Pour ma part, depuis mon adoption de safari, je n'arrive plus à écouter mes radios habituelles( Europe1, radio france internationale) qui passaient bien sous IE. Quelles stations écoutez-vous??


----------



## Membre supprimé 2 (21 Août 2003)

mdia a dit:
			
		

> Pour ma part, depuis mon adoption de safari, je n'arrive plus à écouter mes radios habituelles( Europe1, radio france internationale) qui passaient bien sous IE. Quelles stations écoutez-vous??


salut
essaye ce site, ca marche très bien chez moi sous safari
http://radios.syxy.com/


----------



## alfred (21 Août 2003)

1 go c'est pas grand-chose, le mien permet 10 go que je dépasse allègrement tous les mois.


----------



## JediMac (21 Août 2003)

alfred a dit:
			
		

> 1 go c'est pas grand-chose, le mien permet 10 go que je dépasse allègrement tous les mois.

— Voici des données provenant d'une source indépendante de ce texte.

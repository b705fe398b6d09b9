-- ===== src/Daemon/Hash/Construction.antt =====
-- The ring that newConsistentHash builds.
use buildkit_service.Prelude.{
  ℕ, zero, suc, ◌+◌, ◌*◌, ◌≤◌, ◌<◌, ◌≡◌, refl, ◌∙◌, true, false, some, [], ◌∷◌, Map, lookup, insert,
  eq_nat, lookup-insert, length, length-append, length-sort_by, IsSorted, sort_by-IsSorted, ltb,
  Option-cases, inl, inr, arith,
}
use buildkit_service.Daemon.Hash.{
  ConsistentHash, add_replicas, add_nodes, add_replica, new_consistent_hash, node_at, or_zero,
  fnv1a, replica_label,
}

-- The map names workers below `n` only.
abbrev Names : ℕ → Map ℕ ℕ → Type 0
Names n m = (h v : ℕ) → lookup h m ≡ some v → v < n

insert-Names : (n k i : ℕ) (m : Map ℕ ℕ) → i < n → Names n m → Names n (insert k i m)
insert-Names n k i m h names j v e = ground (arith, lookup-insert k j i m, names j v)

add_replicas-Names :
    (n left r i : ℕ) (ch : ConsistentHash)
    → i < n
    → Names n ch.node_map
    → Names n (add_replicas left r i ch).node_map
unfolding add_replicas
add_replicas-Names n zero r i ch h names = names
add_replicas-Names n (suc left) r i ch h names =
    add_replicas-Names n left (r + 1) i (add_replica i r ch) h
      (insert-Names n (fnv1a (replica_label i r)) i ch.node_map h names)

add_nodes-Names :
    (n left i replicas : ℕ) (ch : ConsistentHash)
    → i + left ≤ n
    → Names n ch.node_map
    → Names n (add_nodes left i replicas ch).node_map
unfolding add_nodes
add_nodes-Names n zero i replicas ch h names = names
add_nodes-Names n (suc left) i replicas ch h names =
    add_nodes-Names n left (i + 1) replicas (add_replicas replicas 0 i ch) (omega arith)
      (add_replicas-Names n replicas 0 i ch (omega arith) names)

ring-add_replicas :
    (left r i : ℕ) (ch : ConsistentHash)
    → length (add_replicas left r i ch).ring ≡ length ch.ring + left
unfolding add_replicas
ring-add_replicas zero r i ch = omega arith
ring-add_replicas (suc left) r i ch = omega (
  arith,
  ring-add_replicas left (r + 1) i (add_replica i r ch),
  length-append ch.ring (fnv1a (replica_label i r) ∷ []),
)

ring-add_nodes :
    (left i replicas : ℕ) (ch : ConsistentHash)
    → length (add_nodes left i replicas ch).ring ≡ length ch.ring + left * replicas
unfolding add_nodes
ring-add_nodes zero i replicas ch = omega arith
ring-add_nodes (suc left) i replicas ch = grind (
  arith,
  ring-add_nodes left (i + 1) replicas (add_replicas replicas 0 i ch),
  ring-add_replicas replicas 0 i ch,
)

num_nodes-add_replicas :
    (left r i : ℕ) (ch : ConsistentHash) → (add_replicas left r i ch).num_nodes ≡ ch.num_nodes
unfolding add_replicas
num_nodes-add_replicas zero r i ch = refl
num_nodes-add_replicas (suc left) r i ch =
    num_nodes-add_replicas left (r + 1) i (add_replica i r ch)

num_nodes-add_nodes :
    (left i replicas : ℕ) (ch : ConsistentHash)
    → (add_nodes left i replicas ch).num_nodes ≡ ch.num_nodes
unfolding add_nodes
num_nodes-add_nodes zero i replicas ch = refl
num_nodes-add_nodes (suc left) i replicas ch =
    num_nodes-add_nodes left (i + 1) replicas (add_replicas replicas 0 i ch)
    ∙ num_nodes-add_replicas replicas 0 i ch

or_zero-lt : (n : ℕ) (m : Map ℕ ℕ) (h : ℕ) → 0 < n → Names n m → or_zero (lookup h m) < n
or_zero-lt n m h pos names = elim (Option-cases (lookup h m)) [
  | inl e ↦ rw e pos
  | inr (v, e) ↦ rw e (names h v e)
]

ltb_asymm : (x y : ℕ) → ltb x y ≡ true → ltb y x ≡ false
ltb_asymm x y h = ground arith

ltb_trans : (x y z : ℕ) → ltb y x ≡ false → ltb z y ≡ false → ltb z x ≡ false
ltb_trans x y z h k = ground arith

-- For at least one worker, the ring of newConsistentHash is sorted and has a place for each replica
-- of each worker, and whatever the index, the place there belongs to one of the workers.
pub new_consistent_hash_lem :
    (n replicas : ℕ)
    → 0 < n
    → let ch = new_consistent_hash n replicas in
      IsSorted ltb ch.ring
      × (length ch.ring ≡ n * replicas)
      × ((idx : ℕ) → node_at ch idx < ch.num_nodes)
unfolding new_consistent_hash node_at lookup
new_consistent_hash_lem n replicas h =
    let empty : ConsistentHash = record { ring = []; node_map = []; num_nodes = n } in
    let ch = add_nodes n 0 replicas empty in
    (
      sort_by-IsSorted ltb ltb_asymm ltb_trans ch.ring,
      length-sort_by ltb ch.ring ∙ ring-add_nodes n 0 replicas empty ∙ (omega arith),
      λ idx. rw (num_nodes-add_nodes n 0 replicas empty) (
          or_zero-lt n ch.node_map _ h
            (add_nodes-Names n n 0 replicas empty (omega arith) (λ k v e. cc))),
    )
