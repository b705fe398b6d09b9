-- ===== src/Daemon/HostRules.antt =====
-- internal/builddaemon/registry.go: the rules that list the hosts of each registry.
use buildkit_service.Prelude.{
  ◌||◌, Option, none, some, List, [], ◌∷◌, Map, Text, text, eq_text, text_eq, trim_space,
  trim_suffix, to_lower, cut, split, member, insert, if◌then◌else◌,
}

unfoldable pub normalize_registry_host : Text → Text
unfolding to_lower trim_suffix trim_space
normalize_registry_host host = to_lower (trim_suffix (text ".") (trim_space host))

abbrev pub HostRules : Type 0
HostRules = Map Text (List Text)

unfoldable pub hosts_of : List Text → List Text
unfolding normalize_registry_host text_eq member
hosts_of [] = []
hosts_of (raw ∷ rest) =
    let host = normalize_registry_host raw in
    let hosts = hosts_of rest in
    if text_eq host [] || member host hosts then hosts else host ∷ hosts

-- The rule of an item, where it makes one.
abbrev pub rule_with : Text → List Text → Option (Text × List Text)
rule_with registry [] = none
rule_with registry (host ∷ hosts) = some (registry, host ∷ hosts)

abbrev pub rule_at : Option (Text × Text) → Option (Text × List Text)
rule_at none = none
rule_at (some (registry, hosts_raw)) =
    if text_eq (normalize_registry_host registry) []
    then none
    else rule_with (normalize_registry_host registry) (hosts_of (split 124 hosts_raw))

unfoldable pub rule_of : Text → Option (Text × List Text)
unfolding cut normalize_registry_host hosts_of split text_eq
rule_of item = rule_at (cut 61 item)

abbrev pub add_rule : Option (Text × List Text) → HostRules → HostRules
add_rule none rules = rules
add_rule (some (registry, hosts)) rules = insert registry hosts rules

unfoldable pub add_items : List Text → HostRules → HostRules
unfolding rule_of insert text_eq
add_items [] rules = rules
add_items (item ∷ items) rules = add_items items (add_rule (rule_of item) rules)

unfoldable pub parse_registry_host_rules : Text → HostRules
unfolding add_items split
parse_registry_host_rules raw = add_items (split 59 raw) []
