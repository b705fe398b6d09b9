-- ===== src/Daemon/Modes.antt =====
-- internal/builddaemon/mode_scheduler.go: the build modes of the configuration.
pub mod Validity
use buildkit_service.Prelude.{
  ℕ, ◌+◌, ◌%◌, ◌^◌, Bool, true, false, not, ◌&&◌, ◌||◌, Option, none, some, List, [], ◌∷◌, ◌≡◌, Map,
  Text, text, eq_text, trim_space, lookup, keys, sort_by, text_ltb, length, ltb, leb, nat_eq,
  if◌then◌else◌, Result, ok, err, guard, ◌>>=◌, ◌>>◌, ℤ, pos, negsuc, pos_part,
}

abbrev pub default_build_mode : Text
default_build_mode = text "default_mode"

-- Concurrency is a Go int, as the decoder leaves it.
pub record ModeConfig : Type 0 where
  pub concurrency : ℤ
  pub routing_enabled : Bool

pub record BuildModes : Type 0 where
  pub default_mode : Text
  pub configs : Map Text ModeConfig
  pub explicit : Bool

pub data ModesError : Type 0 where
  bad_default_name no_modes undefined_default malformed trailing_data : ModesError
  bad_name bad_concurrency : Text → ModesError
  over_limit : ℕ → ModesError

-- What json.Decoder makes of the text: a refusal, or the configurations and whether more data
-- follows.
pub data Decoded : Type 0 where
  refused : Decoded
  decoded : Map Text ModeConfig → Bool → Decoded

is_name_char : ℕ → Bool
is_name_char c =
    (leb 97 c && leb c 122)
    || (leb 65 c && leb c 90)
    || (leb 48 c && leb c 57)
    || nat_eq c 95
    || nat_eq c 45

unfoldable pub all_name_chars : Text → Bool
unfolding is_name_char
all_name_chars [] = true
all_name_chars (c ∷ s) = is_name_char c && all_name_chars s

unfoldable pub valid_build_mode_name : Text → Bool
unfolding all_name_chars
valid_build_mode_name [] = false
valid_build_mode_name (c ∷ s) = all_name_chars (c ∷ s)

abbrev pub is_positive : ℤ → Bool
is_positive n = ltb 0 (pos_part n)

-- Additions of a Go int wrap around at 64 bits; the sums are kept as the bit pattern.
abbrev pub add_int : ℕ → ℤ → ℕ
add_int total n = (total + pos_part n) % 2 ^ 64

-- The loop over the configurations, which are checked one by one and summed up.
unfoldable pub check_configs : Map Text ModeConfig → ℕ → Result ModesError ℕ
unfolding valid_build_mode_name
check_configs [] total = ok total
check_configs ((name, cfg) ∷ m) total = do
  guard (valid_build_mode_name name) (bad_name name)
  guard (is_positive cfg.concurrency) (bad_concurrency name)
  check_configs m (add_int total cfg.concurrency)

abbrev is_defined : Option ModeConfig → Bool
is_defined none = false
is_defined (some c) = true

-- total > maxConcurrency as signed integers, for a positive maximum.
abbrev pub exceeds : ℕ → ℕ → Bool
exceeds total limit = ltb total (2 ^ 63) && ltb limit total

-- What parseBuildModes does with what was decoded.
unfoldable pub modes_of : Text → ℤ → Decoded → Result ModesError BuildModes
unfolding check_configs lookup
modes_of default_mode max_concurrency refused = err malformed
modes_of default_mode max_concurrency (decoded configs trailing) = do
  guard (not trailing) trailing_data
  guard (not (nat_eq (length configs) 0)) no_modes
  total ← check_configs configs 0
  guard (is_defined (lookup default_mode configs)) undefined_default
  guard (not (is_positive max_concurrency && exceeds total (pos_part max_concurrency)))
      (over_limit total)
  ok (record { default_mode = default_mode; configs = configs; explicit = true })

abbrev pub is_blank : Text → Bool
is_blank s = nat_eq (length (trim_space s)) 0

abbrev pub or_default : Text → Text
or_default s = if nat_eq (length s) 0 then default_build_mode else s

-- The modes where none are configured.
abbrev pub only_default : Text → BuildModes
only_default default_mode = record {
  default_mode = default_mode;
  configs = (default_mode, record { concurrency = pos 0; routing_enabled = false }) ∷ [];
  explicit = false;
}

-- `decode` is encoding/json with unknown fields disallowed.
unfoldable pub modes_from : (Text → Decoded) → Text → Text → ℤ → Result ModesError BuildModes
modes_from decode raw default_mode max_concurrency =
    if is_blank raw
    then ok (only_default default_mode)
    else modes_of default_mode max_concurrency (decode raw)

unfoldable pub parse_build_modes : (Text → Decoded) → Text → Text → ℤ → Result ModesError BuildModes
parse_build_modes decode raw default_raw max_concurrency = do
  let default_mode = or_default (trim_space default_raw)
  guard (valid_build_mode_name default_mode) bad_default_name
  modes_from decode raw default_mode max_concurrency

-- `none` is an error: the modes are nil, or the name is unknown.
find_mode : Text → Option ModeConfig → Option (Text × ModeConfig)
find_mode name none = none
find_mode name (some cfg) = some (name, cfg)

unfoldable pub resolve : Option BuildModes → Text → Option (Text × ModeConfig)
unfolding find_mode
resolve none raw = none
resolve (some m) raw =
    let name : Text =
      (let t = trim_space raw in if nat_eq (length t) 0 then m.default_mode else t) in
    find_mode name (lookup name m.configs)

unfoldable pub names : Option BuildModes → List Text
unfolding sort_by text_ltb
names none = []
names (some m) = sort_by text_ltb (keys m.configs)

any_routing : Map Text ModeConfig → Bool
any_routing [] = false
any_routing ((name, cfg) ∷ m) = cfg.routing_enabled || any_routing m

unfoldable pub routing_required : Option BuildModes → Bool
unfolding any_routing
routing_required none = false
routing_required (some m) = any_routing m.configs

Je pige pas, tu as l'ADSL et tu es limité en téléchargement 
	

	
	
		
		

		
		
	


	




 ??? Chez qui ?


----------



## CharlesX (21 Août 2003)

Merci pour vos reponses.
C est donc pas gagne... 
	

	
	
		
		

		
		
	


	



Malheureusement, ne n ai pas bien le choix car je crois qu il n y a pas de concurrent.
Une fois que je depasse, c est 50 centimes du Mo.


----------



## Dark Templar (21 Août 2003)

CharlesX a dit:
			
		

> Une fois que je depasse, c est 50 centimes du Mo.







z'en profitent bien


----------



## CharlesX (21 Août 2003)

en fait c est 50 centimes de francs pas d euros.
Ils en profitent toujours bien ???
http://www.ht.hr/en/telephony/dsl-price.shtml 
car 1 kuna est environ egal a 1 franc (en fait a 0,84 je crois)


----------



## Nathalex (21 Août 2003)

JediMac a dit:
			
		

> Je pige pas, tu as l'ADSL et tu es limité en téléchargement
> 
> 
> 
> ...



Je ne sais pas pour Alfred mais moi aussi, je suis en ADSL limité à 10 Go. C'est chez Sympatico (le wanadoo canadien).


----------



## crapulos (21 Août 2003)

En effet, 1Go c'est très peu ... d'autant que de nos jours, les images sont légions sur les sites (pubs, dessins, photos, etc.) ce qui augmente considérablement le poids des pages !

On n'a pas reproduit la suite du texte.